Presence of Human Papillomavirus DNA in Testicular Biopsies From Nonobstructive Azoospermic Men Miguel Martorell, MD; Manuel Gil-Salom, MD; Ana Pe´rez-Valle´s, MD; Jose Angel Garcia, PhD; Nuria Rausell, MD; Alejo Senpere

● Context.—Human papillomavirus (HPV) plays a major role in the etiology of many malignancies of diverse localization, such as uterine cervical carcinoma and its precursors. Human papillomavirus sequences have been detected throughout the male lower genitourinary tract, but the role of men as transmitters remains unclear. Objective.—To investigate the relationship between azoospermia and the presence of HPV DNA in testicular cells. Design.—One hundred eighty-five patients with azoospermia undergoing testicular biopsy were studied.

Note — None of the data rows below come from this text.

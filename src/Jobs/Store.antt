-- ===== src/Jobs/Store.antt =====
-- `SqliteJobRepository` of packages/db/src/index.ts. A statement is a function on the tables that
-- may throw; a transaction keeps the tables of its body only where the body commits. Rows stand in
-- the order of their insertion.
use ollama_remote_control.Prelude.{
  ℕ, ◌+◌, Bool, true, false, not, ◌&&◌, ◌||◌, Option, List, [], ◌∷◌, ◌++◌, map, leb, ltb, ◌==◌,
  text_eq, if◌then◌else◌, select, find, any, Result, ok, err, ◌>>=◌,
}
use ollama_remote_control.Modelfile.Chars.{Text}
use ollama_remote_control.Jobs.Data.{
  JobState, queued, running, cancelling, same_state, StoredJob, NewEvent, StoredJobEvent,
  JobTransitionUpdate, StoreError, foreign_event, foreign_key, unique_event, unique_job,
}
use ollama_remote_control.Jobs.Deployments.{
  SqlFunctions, Revision, Deployment, needs_deployment, record_deployment,
}

-- The tables `jobs`, `job_events` and `modelfile_deployments`, the keys of the tables that `jobs` refers to,
-- the revisions of Modelfiles, and the functions that SQLite brings.
pub record Tables : Type 0 where
  pub jobs : List StoredJob
  pub events : List StoredJobEvent
  pub target_ids : List Text
  pub user_ids : List Text
  pub deployments : List Deployment
  pub revisions : List Revision
  pub sql : SqlFunctions

-- `state IN ('queued', 'running', 'cancelling')`
abbrev pub is_active : JobState → Bool
is_active queued = true
is_active running = true
is_active cancelling = true
is_active _ = false

-- The rows of the index `uq_jobs_active_mutation_target` for a target.
abbrev pub locks : Text → StoredJob → Bool
locks target j = j.mutating && is_active j.state && text_eq j.target_id target

abbrev pub has_id : Text → StoredJob → Bool
has_id id j = text_eq j.id id

abbrev pub has_text : Text → List Text → Bool
has_text t ts = any (text_eq t) ts

-- A row meets the primary key or the partial unique index.
unfoldable pub conflicts : StoredJob → List StoredJob → Bool
conflicts job rows =
    any (has_id job.id) rows
    || (job.mutating && is_active job.state && any (locks job.target_id) rows)

-- `INSERT OR IGNORE INTO jobs`: the number of changed rows. A row that meets a unique constraint is
-- skipped; a foreign key that is missing is an error all the same.
unfoldable pub insert_job : StoredJob → Tables → Result StoreError (ℕ × Tables)
insert_job job t =
    if conflicts job t.jobs
    then ok (0, t)
    else if has_text job.target_id t.target_ids && has_text job.actor_user_id t.user_ids
    then ok (1, record t { jobs = t.jobs ++ (job ∷ []) })
    else err foreign_key

-- `SELECT COALESCE(MAX(sequence), 0)` over the rows of a job.
unfoldable pub max_sequence : Text → List StoredJobEvent → ℕ
max_sequence job [] = 0
max_sequence job (e ∷ es) =
    let rest = max_sequence job es in
    if text_eq e.job_id job && ltb rest e.sequence then e.sequence else rest

unfoldable pub next_job_event_sequence : Text → Tables → ℕ
next_job_event_sequence job t = max_sequence job t.events + 1

-- A row meets the primary key or `UNIQUE(job_id, sequence)`.
abbrev pub event_conflicts : NewEvent → ℕ → StoredJobEvent → Bool
event_conflicts e sequence row =
    text_eq row.id e.id || (text_eq row.job_id e.job_id && row.sequence == sequence)

unfoldable pub insert_job_event :
    NewEvent → ℕ → Tables → Result StoreError (StoredJobEvent × Tables)
insert_job_event e sequence t =
    let row : StoredJobEvent = record { event = e; sequence = sequence } in
    if any (event_conflicts e sequence) t.events
    then err unique_event
    else if any (has_id e.job_id) t.jobs
    then ok (row, record t { events = t.events ++ (row ∷ []) })
    else err foreign_key

pub data Ending (A : Type 0) : Type 0 where
  commit : A → Tables → Ending A
  rollback : A → Ending A

abbrev finish_transaction :
    {A : Type 0} → Tables → Result StoreError (Ending A) → Result StoreError A × Tables
finish_transaction t (ok (commit a t')) = (ok a, t')
finish_transaction t (ok (rollback a)) = (ok a, t)
finish_transaction t (err e) = (err e, t)

-- `BEGIN IMMEDIATE`, the body, and `COMMIT`, `ROLLBACK`, or `ROLLBACK` and the error again.
unfoldable pub transaction :
    {A : Type 0} → (Tables → Result StoreError (Ending A)) → Tables → Result StoreError A × Tables
transaction body t = finish_transaction t (body t)

-- The rest of `createWithInitialEvent` behind `inserted.changes`.
abbrev created : NewEvent → ℕ × Tables → Result StoreError (Ending Bool)
created e (changes, t) =
    if not (changes == 1)
    then ok (rollback false)
    else (insert_job_event e 1 t >>= λ r. ok (commit true r.1))

unfoldable pub create_with_initial_event :
    StoredJob → NewEvent → Tables → Result StoreError Bool × Tables
create_with_initial_event job e t =
    if not (text_eq e.job_id job.id)
    then (err foreign_event, t)
    else transaction (λ t. insert_job job t >>= created e) t

unfoldable pub find_by_id : Text → Tables → Option StoredJob
find_by_id id t = find (has_id id) t.jobs

abbrev pub apply_update : JobTransitionUpdate → StoredJob → StoredJob
apply_update u j = record j {
  state = u.state;
  started_at = u.started_at;
  finished_at = u.finished_at;
  result_json = u.result_json;
  error_class = u.error_class;
  exit_code = u.exit_code;
}

-- `WHERE id = ? AND state = ?`
abbrev pub in_state : Text → JobState → StoredJob → Bool
in_state id expected j = text_eq j.id id && same_state j.state expected

unfoldable pub update_rows : Text → JobState → JobTransitionUpdate → List StoredJob → List StoredJob
update_rows id expected u = map (λ j. if in_state id expected j then apply_update u j else j)

unfoldable pub count_rows : (StoredJob → Bool) → List StoredJob → ℕ
count_rows p [] = 0
count_rows p (j ∷ js) = (if p j then 1 else 0) + count_rows p js

-- No two rows share a target in the index `uq_jobs_active_mutation_target`.
unfoldable pub distinct_locks : List StoredJob → Bool
distinct_locks [] = true
distinct_locks (j ∷ js) =
    not (j.mutating && is_active j.state && any (locks j.target_id) js) && distinct_locks js

-- The triggers of an update: each row that it changes is taken from `before`, and `after` are all rows.
unfoldable pub record_deployments :
    Text
    → JobState
    → JobTransitionUpdate
    → Tables
    → List StoredJob
    → List StoredJob
    → List Deployment
    → Result StoreError (List Deployment)
record_deployments id expected u t after [] deployments = ok deployments
record_deployments id expected u t after (j ∷ before) deployments =
    (if in_state id expected j && needs_deployment j (apply_update u j)
      then record_deployment t.sql t.revisions after deployments (apply_update u j)
      else ok deployments)
    >>= λ ds. record_deployments id expected u t after before ds

-- `UPDATE jobs SET … WHERE id = ? AND state = ?`: the number of changed rows.
unfoldable pub update_job :
    Text → JobState → JobTransitionUpdate → Tables → Result StoreError (ℕ × Tables)
update_job id expected u t =
    let rows = update_rows id expected u t.jobs in
    if distinct_locks rows
    then (record_deployments id expected u t rows t.jobs t.deployments >>= λ ds.
        ok (count_rows (in_state id expected) t.jobs, record t { jobs = rows; deployments = ds }))
    else err unique_job

-- The rest of `transitionWithEvent` behind `changed.changes`.
abbrev transitioned : NewEvent → ℕ × Tables → Result StoreError (Ending Bool)
transitioned e (changes, t) =
    if not (changes == 1)
    then ok (rollback false)
    else (insert_job_event e (next_job_event_sequence e.job_id t) t >>= λ r. ok (commit true r.1))

unfoldable pub transition_with_event :
    Text → JobState → JobTransitionUpdate → NewEvent → Tables → Result StoreError Bool × Tables
transition_with_event id expected u e t =
    if not (text_eq e.job_id id)
    then (err foreign_event, t)
    else transaction (λ t. update_job id expected u t >>= transitioned e) t

unfoldable pub append_event : NewEvent → Tables → Result StoreError StoredJobEvent × Tables
append_event e t =
    transaction
      (λ t. insert_job_event e (next_job_event_sequence e.job_id t) t >>= λ r. ok (commit r.0 r.1))
      t

-- `ORDER BY sequence`, by insertion.
unfoldable pub insert_by_sequence : StoredJobEvent → List StoredJobEvent → List StoredJobEvent
insert_by_sequence e [] = e ∷ []
insert_by_sequence e (f ∷ fs) =
    let later = f ∷ insert_by_sequence e fs in
    if leb e.sequence f.sequence then e ∷ f ∷ fs else later

unfoldable pub sort_by_sequence : List StoredJobEvent → List StoredJobEvent
sort_by_sequence [] = []
sort_by_sequence (e ∷ es) = insert_by_sequence e (sort_by_sequence es)

abbrev pub of_job : Text → StoredJobEvent → Bool
of_job id e = text_eq e.job_id id

unfoldable pub list_events : Text → Tables → List StoredJobEvent
list_events id t = sort_by_sequence (select (of_job id) t.events)

-- `a < b` on texts, by code units.
unfoldable pub text_ltb : Text → Text → Bool
text_ltb s [] = false
text_ltb [] (d ∷ ds) = true
text_ltb (c ∷ cs) (d ∷ ds) = ltb c d || (c == d && text_ltb cs ds)

-- `ORDER BY created_at, id`
abbrev pub precedes : StoredJob → StoredJob → Bool
precedes a b =
    text_ltb a.created_at b.created_at || (text_eq a.created_at b.created_at && text_ltb a.id b.id)

unfoldable pub insert_by_creation : StoredJob → List StoredJob → List StoredJob
insert_by_creation j [] = j ∷ []
insert_by_creation j (k ∷ ks) =
    let later = k ∷ insert_by_creation j ks in if precedes j k then j ∷ k ∷ ks else later

unfoldable pub sort_by_creation : List StoredJob → List StoredJob
sort_by_creation [] = []
sort_by_creation (j ∷ js) = insert_by_creation j (sort_by_creation js)

unfoldable pub find_non_terminal : Tables → List StoredJob
find_non_terminal t = sort_by_creation (select (λ j. is_active j.state) t.jobs)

Histologic study was done on formalin-fixed, paraffin-embedded samples from testicular biopsies, stained with hematoxylineosin. Molecular study to detect HPV sequences was performed on genomic DNA isolated from paraffin sections by standard protocols. Seven cases containing HPV sequences were studied after microdissection with PALM microlaser technology in order to determine the presence of

HPV DNA sequences in different cells, as well as from seminal tubules or stromal (Leydig) cells. Results.—Human papillomavirus DNA sequences were detected in testicular biopsies of 12 patients (6.48%). Human papillomavirus type 16 was the most common genotype encountered. Among the 92 patients who underwent bilateral testicular biopsy, HPV sequences were detected in 9 patients (9.78%), all of whom showed only unilateral testicular affection, more often in the left testicle (ratio, 2: 1). After microdissection, HPV DNA sequences were seen in Leydig and Sertoli cells; the presence of HPV in germinal cells could not be ruled out. Conclusions.—Leydig cells, Sertoli cells, and probably germinal cells (cases 2, 3, and 4) harbored HPV DNA sequences. Such findings have not been previously described in testicular tissue. (Arch Pathol Lab Med. 2005;129:1132–1136)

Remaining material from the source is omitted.